> PROBLEM: Exact copies of all entries are expected.

[Stored items]
================
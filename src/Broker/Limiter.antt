-- ===== src/Broker/Limiter.antt =====
-- `RateLimiter` (replay_cache.py). The clock and the tokens are Python's floats: they stand as their
-- bits, and the arithmetic on them is a parameter.
use relops_bootstrap.Prelude.{
  ℕ, Bool, true, false, Option, none, some, List, [], ◌∷◌, Text, text_eq, length, ltb,
  if◌then◌else◌,
}

-- The 64 bits of a float.
abbrev pub Float : Type 0
Float = ℕ

-- `float(n)`, `+`, `-`, `*`, `/`, `<` and `>=`.
pub record Floats : Type 0 where
  pub of_int : ℕ → Float
  pub add : Float → Float → Float
  pub sub : Float → Float → Float
  pub mul : Float → Float → Float
  pub div : Float → Float → Float
  pub less : Float → Float → Bool
  pub at_least : Float → Float → Bool

-- `_Bucket`
pub record Bucket : Type 0 where
  pub tokens : Float
  pub last_refill : Float

-- `_buckets`, a dict in the order of insertion.
abbrev pub Buckets : Type 0
Buckets = List (Text × Bucket)

-- What the constructor was given, and the arithmetic.
pub record Limits : Type 0 where
  pub requests_per_minute : ℕ
  pub burst : ℕ
  pub floats : Floats

-- `self._burst`, as a float.
unfoldable pub full : Limits → Float
full lim = lim.floats.of_int lim.burst

-- `_refill_rate`
unfoldable pub refill_rate : Limits → Float
refill_rate lim = lim.floats.div (lim.floats.of_int lim.requests_per_minute) (lim.floats.of_int 60)

-- `_idle_gc_seconds`
unfoldable pub idle_gc_seconds : Limits → Float
idle_gc_seconds lim = lim.floats.of_int 600

-- `b.last_refill < now - self._idle_gc_seconds`
unfoldable pub is_stale : Limits → Float → Bucket → Bool
unfolding idle_gc_seconds
is_stale lim now b = lim.floats.less b.last_refill (lim.floats.sub now (idle_gc_seconds lim))

unfoldable pub drop_stale : Limits → Float → Buckets → Buckets
unfolding is_stale
drop_stale lim now [] = []
drop_stale lim now ((k, b) ∷ bs) =
    let rest = drop_stale lim now bs in if is_stale lim now b then rest else (k, b) ∷ rest

-- `_gc`
unfoldable pub gc : Limits → Float → Buckets → Buckets
unfolding drop_stale
gc lim now bs = if ltb (length bs) 1024 then bs else drop_stale lim now bs

-- `self._buckets.get(key)`
unfoldable pub lookup : Text → Buckets → Option Bucket
lookup key [] = none
lookup key ((k, b) ∷ bs) = if text_eq key k then some b else lookup key bs

-- `self._buckets[key] = bucket`
unfoldable pub store : Text → Bucket → Buckets → Buckets
store key new [] = (key, new) ∷ []
store key new ((k, b) ∷ bs) =
    let rest = store key new bs in if text_eq key k then (k, new) ∷ bs else (k, b) ∷ rest

-- The bucket for the key, a full one where there is none.
unfoldable pub or_full : Limits → Float → Option Bucket → Bucket
unfolding full
or_full lim now none = record { tokens = full lim; last_refill = now }
or_full lim now (some b) = b

-- `min(a, b)`
unfoldable pub min_float : Floats → Float → Float → Float
min_float f a b = if f.less b a then b else a

-- `min(self._burst, bucket.tokens + elapsed * self._refill_rate)`
unfoldable pub refilled : Limits → Float → Bucket → Float
unfolding full refill_rate min_float
refilled lim now b =
    let f = lim.floats in
    min_float f (full lim) (f.add b.tokens (f.mul (f.sub now b.last_refill) (refill_rate lim)))

-- The refill, and the test for the tokens.
unfoldable pub take_tokens : Limits → Float → Float → Bucket → Bool × Bucket
unfolding refilled
take_tokens lim now tokens b =
    let there = refilled lim now b in
    if lim.floats.at_least there tokens
    then (true, record { tokens = lim.floats.sub there tokens; last_refill = now })
    else (false, record { tokens = there; last_refill = now })

-- `consume`
unfoldable pub consume : Limits → Float → Text → Float → Buckets → Bool × Buckets
unfolding gc lookup or_full take_tokens store
consume lim now key tokens buckets =
    let kept = gc lim now buckets in
    let (allowed, b) = take_tokens lim now tokens (or_full lim now (lookup key kept)) in
    (allowed, store key b kept)
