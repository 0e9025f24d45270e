-- ===== src/Broker/Serve.antt =====
-- main.py: `get_secret`, with `read_secret` (secrets.py).
use relops_bootstrap.Prelude.{Option, none, some, Text, codes, ◌++◌, text_eq, if◌then◌else◌}
use relops_bootstrap.Broker.Limiter.{Float, Buckets, Limits, consume}
use relops_bootstrap.Broker.Identity.{Headers, Parsers, VerifiedIdentity, verify_mtls_headers}

-- The settings and libraries that the broker runs with. `read_secret` is the latest version in Secret
-- Manager, `none` where the call raises.
pub record Vault : Type 0 where
  pub parsers : Parsers
  pub trust_domain : Text
  pub limits : Limits
  pub read_secret : Text → Option Text

-- The answer: a status that is an error, or the secret with 200.
pub data Reply : Type 0 where
  unauthorized too_many forbidden unavailable : Reply
  served : Text → Reply

unfoldable pub secret_id : Text → Text
secret_id role = codes "vault-" ++ role

unfoldable pub of_secret : Option Text → Reply
of_secret none = unavailable
of_secret (some content) = served content

unfoldable pub authorized : Vault → Text → VerifiedIdentity → Reply
unfolding secret_id of_secret
authorized v role identity =
    if text_eq identity.role role then of_secret (v.read_secret (secret_id role)) else forbidden

unfoldable pub limited : Vault → Float → Text → VerifiedIdentity → Buckets → Reply × Buckets
unfolding consume authorized
limited v now role identity buckets =
    let (allowed, after) =
      consume v.limits now identity.cert_serial (v.limits.floats.of_int 1) buckets in
    (if allowed then authorized v role identity else too_many, after)

unfoldable pub serve_identity :
    Vault → Float → Text → Option VerifiedIdentity → Buckets → Reply × Buckets
unfolding limited
serve_identity v now role none buckets = (unauthorized, buckets)
serve_identity v now role (some identity) buckets = limited v now role identity buckets

-- `GET /secret/{role}` at `now`: the answer, and the limiter's buckets after it.
unfoldable pub get_secret : Vault → Float → Text → Headers → Buckets → Reply × Buckets
unfolding verify_mtls_headers serve_identity
get_secret v now role h buckets =
    serve_identity v now role (verify_mtls_headers v.parsers v.trust_domain h) buckets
================
> WRITTEN ANSWER:
filename src/Broker/Limiter.antt
-- ===== src/Broker/Limiter.antt =====
-- `RateLimiter` (replay_cache.py). The clock and the tokens are Python's floats: they stand as their
-- bits, and the arithmetic on them is a parameter.
use relops_bootstrap.Prelude.{
  ℕ, Bool, true, false, Option, none, some, List, [], ◌∷◌, Text, text_eq, length, ltb,
  if◌then◌else◌,
}

-- The 64 bits of a float.
abbrev pub Float : Type 0
Float = ℕ

-- `float(n)`, `+`, `-`, `*`, `/`, `<` and `>=`.
pub record Floats : Type 0 where
  pub of_int : ℕ → Float
  pub add : Float → Float → Float
  pub sub : Float → Float → Float
  pub mul : Float → Float → Float
  pub div : Float → Float → Float
  pub less : Float → Float → Bool
  pub at_least : Float → Float → Bool

-- `_Bucket`
pub record Bucket : Type 0 where
  pub tokens : Float
  pub last_refill : Float

-- `_buckets`, a dict in the order of insertion.
abbrev pub Buckets : Type 0
Buckets = List (Text × Bucket)

-- What the constructor was given, and the arithmetic.
pub record Limits : Type 0 where
  pub requests_per_minute : ℕ
  pub burst : ℕ
  pub floats : Floats

-- `self._burst`, as a float.
unfoldable pub full : Limits → Float
full lim = lim.floats.of_int lim.burst

-- `_refill_rate`
unfoldable pub refill_rate : Limits → Float
refill_rate lim = lim.floats.div (lim.floats.of_int lim.requests_per_minute) (lim.floats.of_int 60)

-- `_idle_gc_seconds`
unfoldable pub idle_gc_seconds : Limits → Float
idle_gc_seconds lim = lim.floats.of_int 600

-- `b.last_refill < now - self._idle_gc_seconds`
unfoldable pub is_stale : Limits → Float → Bucket → Bool
unfolding idle_gc_seconds
is_stale lim now b = lim.floats.less b.last_refill (lim.floats.sub now (idle_gc_seconds lim))

unfoldable pub drop_stale : Limits → Float → Buckets → Buckets
unfolding is_stale
drop_stale lim now [] = []
drop_stale lim now ((k, b) ∷ bs) =
    let rest = drop_stale lim now bs in if is_stale lim now b then rest else (k, b) ∷ rest

-- `_gc`
unfoldable pub gc : Limits → Float → Buckets → Buckets
unfolding drop_stale
gc lim now bs = if ltb (length bs) 1024 then bs else drop_stale lim now bs

-- `self._buckets.get(key)`
unfoldable pub lookup : Text → Buckets → Option Bucket
lookup key [] = none
lookup key ((k, b) ∷ bs) = if text_eq key k then some b else lookup key bs

-- `self._buckets[key] = bucket`
unfoldable pub store : Text → Bucket → Buckets → Buckets
store key new [] = (key, new) ∷ []
store key new ((k, b) ∷ bs) =
    let rest = store key new bs in if text_eq key k then (k, new) ∷ bs else (k, b) ∷ rest

-- The bucket for the key, a full one where there is none.
unfoldable pub or_full : Limits → Float → Option Bucket → Bucket
unfolding full
or_full lim now none = record { tokens = full lim; last_refill = now }
or_full lim now (some b) = b

-- `min(a, b)`
unfoldable pub min_float : Floats → Float → Float → Float
min_float f a b = if f.less b a then b else a

-- `min(self._burst, bucket.tokens + elapsed * self._refill_rate)`
unfoldable pub refilled : Limits → Float → Bucket → Float
unfolding full refill_rate min_float
refilled lim now b =
    let f = lim.floats in
    min_float f (full lim) (f.add b.tokens (f.mul (f.sub now b.last_refill) (refill_rate lim)))

-- The refill, and the test for the tokens.
unfoldable pub take_tokens : Limits → Float → Float → Bucket → Bool × Bucket
unfolding refilled
take_tokens lim now tokens b =
    let there = refilled lim now b in
    if lim.floats.at_least there tokens
    then (true, record { tokens = lim.floats.sub there tokens; last_refill = now })
    else (false, record { tokens = there; last_refill = now })

-- `consume`
unfoldable pub consume : Limits → Float → Text → Float → Buckets → Bool × Buckets
unfolding gc lookup or_full take_tokens store
consume lim now key tokens buckets =
    let kept = gc lim now buckets in
    let (allowed, b) = take_tokens lim now tokens (or_full lim now (lookup key kept)) in
    (allowed, store key b kept)
repository 0e9025f24d45270e
-- ===== src/Broker/Serve.antt =====
-- main.py: `get_secret`, with `read_secret` (secrets.py).
use relops_bootstrap.Prelude.{Option, none, some, Text, codes, ◌++◌, text_eq, if◌then◌else◌}
use relops_bootstrap.Broker.Limiter.{Float, Buckets, Limits, consume}
use relops_bootstrap.Broker.Identity.{Headers, Parsers, VerifiedIdentity, verify_mtls_headers}

-- The settings and libraries that the broker runs with. `read_secret` is the latest version in Secret
-- Manager, `none` where the call raises.
pub record Vault : Type 0 where
  pub parsers : Parsers
  pub trust_domain : Text
  pub limits : Limits
  pub read_secret : Text → Option Text

-- The answer: a status that is an error, or the secret with 200.
pub data Reply : Type 0 where
  unauthorized too_many forbidden unavailable : Reply
  served : Text → Reply

unfoldable pub secret_id : Text → Text
secret_id role = codes "vault-" ++ role

unfoldable pub of_secret : Option Text → Reply
of_secret none = unavailable
of_secret (some content) = served content

unfoldable pub authorized : Vault → Text → VerifiedIdentity → Reply
unfolding secret_id of_secret
authorized v role identity =
    if text_eq identity.role role then of_secret (v.read_secret (secret_id role)) else forbidden

unfoldable pub limited : Vault → Float → Text → VerifiedIdentity → Buckets → Reply × Buckets
unfolding consume authorized
limited v now role identity buckets =
    let (allowed, after) =
      consume v.limits now identity.cert_serial (v.limits.floats.of_int 1) buckets in
    (if allowed then authorized v role identity else too_many, after)

unfoldable pub serve_identity :
    Vault → Float → Text → Option VerifiedIdentity → Buckets → Reply × Buckets
unfolding limited
serve_identity v now role none buckets = (unauthorized, buckets)
serve_identity v now role (some identity) buckets = limited v now role identity buckets

-- `GET /secret/{role}` at `now`: the answer, and the limiter's buckets after it.
unfoldable pub get_secret : Vault → Float → Text → Headers → Buckets → Reply × Buckets
unfolding verify_mtls_headers serve_identity
get_secret v now role h buckets =
    serve_identity v now role (verify_mtls_headers v.parsers v.trust_domain h) buckets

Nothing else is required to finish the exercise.